→ What is expected
Beginning with the very first line, please reproduce the entries exactly through the line containing "s.backup original ≡ true".

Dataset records
-- ===== src/Commit/Accepts.antt =====
-- What the validation of a recovery says of a single output, state by state.
use libopod.Base.{
  ℕ, suc, ◌+◌, ◌≤◌, ◌<◌, ◌≡◌, refl, sym, ap, ◌∙◌, ◌&&◌, ◌||◌, not, Bool, true, false, Option, none,
  some, List, [], ◌∷◌, arith,
}
use libopod.Base.Tests.{ltb, lt→ltb, le→ltb_false}
use libopod.Base.Lists.{length}
use libopod.Commit.State.{
  File, Fingerprint, Output, Slot, TransactionPhase, backing_up, installing, validating, committed,
  rolling_back, rolled_back, fingerprint_matches, is_some,
}
use libopod.Commit.Replace.{is_terminal, validate_replacement, replacement_valid, backup_verifies}
use libopod.Commit.Manifest.{original_state}
use libopod.Commit.Recover.{validate_new, validate_output, validate_outputs}
use libopod.Commit.Invariant.{
  OldOk, was_present, was_absent, SlotOk, untouched, added, not_added, replaced, gap, unmoved,
  Lists,
}

some-none : {A : Type 0} {a : A} → some a ≡ none → ⊥
some-none h = cc

or_true : (a c : Bool) → (a || true || c) ≡ true
or_true true c = refl
or_true false c = refl

module _ (sha256 : File → List ℕ) where
  replacement_open :
      (phase : TransactionPhase) (installed index : ℕ) (output original : Fingerprint) (s : Slot)
      → is_terminal phase ≡ false
      → backup_verifies sha256 s.backup original ≡ true
      → replacement_valid sha256 phase installed index output original s ≡ true
      → validate_replacement sha256 phase installed index output original s ≡ true
  unfolding validate_replacement
  replacement_open backing_up installed index output original s h k l = rw (k, l) refl
  replacement_open installing installed index output original s h k l = rw (k, l) refl
  replacement_open validating installed index output original s h k l = rw (k, l) refl
  replacement_open rolling_back installed index output original s h k l = rw (k, l) refl
  replacement_open committed installed index output original s h k l = cc
  replacement_open rolled_back installed index output original s h k l = cc

  new_open :
      (phase : TransactionPhase) (installed index : ℕ) (output : Fingerprint) (s : Slot)
      → is_terminal phase ≡ false
      → not (
          is_some s.live
          && (not (ltb index installed) || not (fingerprint_matches sha256 s.live output)))
        ≡ true
      → validate_new sha256 phase installed index output s ≡ true
  unfolding validate_new
  new_open backing_up installed index output s h k = rw (k) refl
  new_open installing installed index output s h k = rw (k) refl
  new_open validating installed index output s h k = rw (k) refl
  new_open rolling_back installed index output s h k = rw (k) refl
  new_open committed installed index output s h k = cc
  new_open rolled_back installed index output s h k = cc

  -- a replacement, in each of its states
  replacement-SlotOk :
      (phase : TransactionPhase) (installed index : ℕ) (o : Output) (original : Fingerprint)
      (file after : File) (before : Option File) (s : Slot)
      → is_terminal phase ≡ false
      → before ≡ some file
      → fingerprint_matches sha256 (some file) original ≡ true
      → SlotOk sha256 phase installed index o before after s.live s.backup
      → validate_replacement sha256 phase installed index o.output original s ≡ true
  unfolding fingerprint_matches
  replacement-SlotOk phase installed index o original file after before s active was fits
        (untouched le live backup) =
      let later : ltb index installed ≡ false = le→ltb_false index installed le in
      let here = live ∙ was in
      replacement_open phase installed index o.output original s active (rw (backup) refl)
        (unfold replacement_valid in rw (later, backup, here, fits) refl)
  replacement-SlotOk phase installed index o original file after before s active was fits
        (added lt gone live f b) =
      absurd (some-none (sym was ∙ gone))
  replacement-SlotOk phase installed index o original file after before s active was fits
        (not_added lt gone live b) =
      absurd (some-none (sym was ∙ gone))
  replacement-SlotOk phase installed index o original file after before s active was fits
        (replaced moved lt from live matches backup) =
      let earlier : ltb index installed ≡ true = lt→ltb index installed lt in
      let held = backup ∙ sym from ∙ was in
      replacement_open phase installed index o.output original s active (rw (held, fits) refl)
        (unfold replacement_valid in rw (earlier, held, live, matches) (or_true _ _))
  replacement-SlotOk phase installed index o original file after before s active was fits
        (gap moved lt from live backup flight) =
      let earlier : ltb index installed ≡ true = lt→ltb index installed lt in
      let held = backup ∙ sym from ∙ was in
      replacement_open phase installed index o.output original s active (rw (held, fits) refl)
        (unfold replacement_valid in rw (earlier, held, live, flight) refl)
  replacement-SlotOk phase installed index o original file after before s active was fits
        (unmoved moved lt from live backup flight) =
      let earlier : ltb index installed ≡ true = lt→ltb index installed lt in
      let here = live ∙ sym from ∙ was in
      replacement_open phase installed index o.output original s active (rw (backup) refl)
        (unfold replacement_valid in rw (earlier, backup, here, fits, flight) refl)

  -- an output without an original, in each of its states
  new-SlotOk :
      (phase : TransactionPhase) (installed index : ℕ) (o : Output) (after : File)
      (before : Option File) (s : Slot)
      → is_terminal phase ≡ false
      → before ≡ none
      → SlotOk sha256 phase installed index o before after s.live s.backup
      → validate_new sha256 phase installed index o.output s ≡ true
  new-SlotOk phase installed index o after before s active was (untouched le live backup) =
      let gone = live ∙ was in new_open phase installed index o.output s active (rw (gone) refl)
  new-SlotOk phase installed index o after before s active was (added lt gone live matches b) =
      let earlier : ltb index installed ≡ true = lt→ltb index installed lt in
      new_open phase installed index o.output s active (rw (live, earlier, matches) refl)
  new-SlotOk phase installed index o after before s active was (not_added lt gone live b) =
      new_open phase installed index o.output s active (rw (live) refl)
  new-SlotOk phase installed index o after before s active was (replaced file lt from l m b) =
      absurd (some-none (sym from ∙ was))
  new-SlotOk phase installed index o after before s active was (gap file lt from l b f) =
      absurd (some-none (sym from ∙ was))
  new-SlotOk phase installed index o after before s active was (unmoved file lt from l b f) =
      absurd (some-none (sym from ∙ was))

  pub validate_output-SlotOk :
      (phase : TransactionPhase) (installed index : ℕ) (o : Output) (before : Option File)
      (after : File) (s : Slot)
      → is_terminal phase ≡ false
      → OldOk sha256 o before
      → SlotOk sha256 phase installed index o before after s.live s.backup
      → validate_output sha256 phase installed index o.output s (original_state o) ≡ true
  unfolding validate_output
  validate_output-SlotOk phase installed index o before after s active
        (was_present original file state was fits) ok =
      ap (validate_output sha256 phase installed index o.output s) state
      ∙ (replacement-SlotOk phase installed index o original file after before s active was fits ok)
  validate_output-SlotOk phase installed index o before after s active (was_absent state was) ok =
      ap (validate_output sha256 phase installed index o.output s) state
      ∙ (new-SlotOk phase installed index o after before s active was ok)

  -- the originals in their places, where the transaction was rolled back
  pub validate_output-old :
      (installed index : ℕ) (o : Output) (before : Option File) (s : Slot)
      → OldOk sha256 o before
      → s.live ≡ before
      → validate_output sha256 rolled_back installed index o.output s (original_state o) ≡ true
  unfolding validate_output validate_replacement validate_new
  validate_output-old installed index o before s (was_present original file state was fits) live =
      let here = live ∙ was in
      ap (validate_output sha256 rolled_back installed index o.output s) state
      ∙ rw (here, fits) refl
  validate_output-old installed index o before s (was_absent state was) live =
      let gone = live ∙ was in
      ap (validate_output sha256 rolled_back installed index o.output s) state ∙ rw (gone) refl

  -- the outputs in their places, where it was committed
  pub validate_output-new :
      (installed index : ℕ) (o : Output) (before : Option File) (after : File) (s : Slot)
      → OldOk sha256 o before
      → index < installed
      → s.live ≡ some after
      → fingerprint_matches sha256 (some after) o.output ≡ true
      → validate_output sha256 committed installed index o.output s (original_state o) ≡ true
  unfolding validate_output validate_replacement validate_new
  validate_output-new installed index o before after s (was_present original file state was fits) lt
        live matches =
      ap (validate_output sha256 committed installed index o.output s) state
      ∙ rw (live, matches) refl
  validate_output-new installed index o before after s (was_absent state was) lt live matches =
      let earlier : ltb index installed ≡ true = lt→ltb index installed lt in
      ap (validate_output sha256 committed installed index o.output s) state
      ∙ rw (live, earlier, matches) refl

  -- every output from `index` on
  pub validate_outputs_each :
      (items : ℕ → Output) (phase : TransactionPhase) (installed total index : ℕ) (os : List Output)
      (slots : ℕ → Slot)
      → Lists items index os
      → index + length os ≤ total
      → ((i : ℕ)
          → i < total
          → validate_output sha256 phase installed i
              (items i).output
              (slots i)
              (original_state (items i))
            ≡ true)
      → validate_outputs sha256 phase installed index os slots ≡ true
  unfolding validate_outputs
  validate_outputs_each items phase installed total index [] slots l fits each = refl
  validate_outputs_each items phase installed total index (o ∷ os) slots l fits each =
      let this =
        ap
          (λ x.
            validate_output sha256 phase installed index x.output (slots index) (original_state x))
          l.0
        ∙ each index (omega (arith, fits)) in
      rw (this) (
        validate_outputs_each items phase installed total (suc index) os slots l.1
          (omega (arith, fits)) each)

→ Response below
-- ===== src/Commit/Accepts.antt =====
-- What the validation of a recovery says of a single output, state by state.
use libopod.Base.{
  ℕ, suc, ◌+◌, ◌≤◌, ◌<◌, ◌≡◌, refl, sym, ap, ◌∙◌, ◌&&◌, ◌||◌, not, Bool, true, false, Option, none,
  some, List, [], ◌∷◌, arith,
}
use libopod.Base.Tests.{ltb, lt→ltb, le→ltb_false}
use libopod.Base.Lists.{length}
use libopod.Commit.State.{
  File, Fingerprint, Output, Slot, TransactionPhase, backing_up, installing, validating, committed,
  rolling_back, rolled_back, fingerprint_matches, is_some,
}
use libopod.Commit.Replace.{is_terminal, validate_replacement, replacement_valid, backup_verifies}
use libopod.Commit.Manifest.{original_state}
use libopod.Commit.Recover.{validate_new, validate_output, validate_outputs}
use libopod.Commit.Invariant.{
  OldOk, was_present, was_absent, SlotOk, untouched, added, not_added, replaced, gap, unmoved,
  Lists,
}

some-none : {A : Type 0} {a : A} → some a ≡ none → ⊥
some-none h = cc

or_true : (a c : Bool) → (a || true || c) ≡ true
or_true true c = refl
or_true false c = refl

module _ (sha256 : File → List ℕ) where
  replacement_open :
      (phase : TransactionPhase) (installed index : ℕ) (output original : Fingerprint) (s : Slot)
      → is_terminal phase ≡ false
      → backup_verifies sha256 s.backup original ≡ true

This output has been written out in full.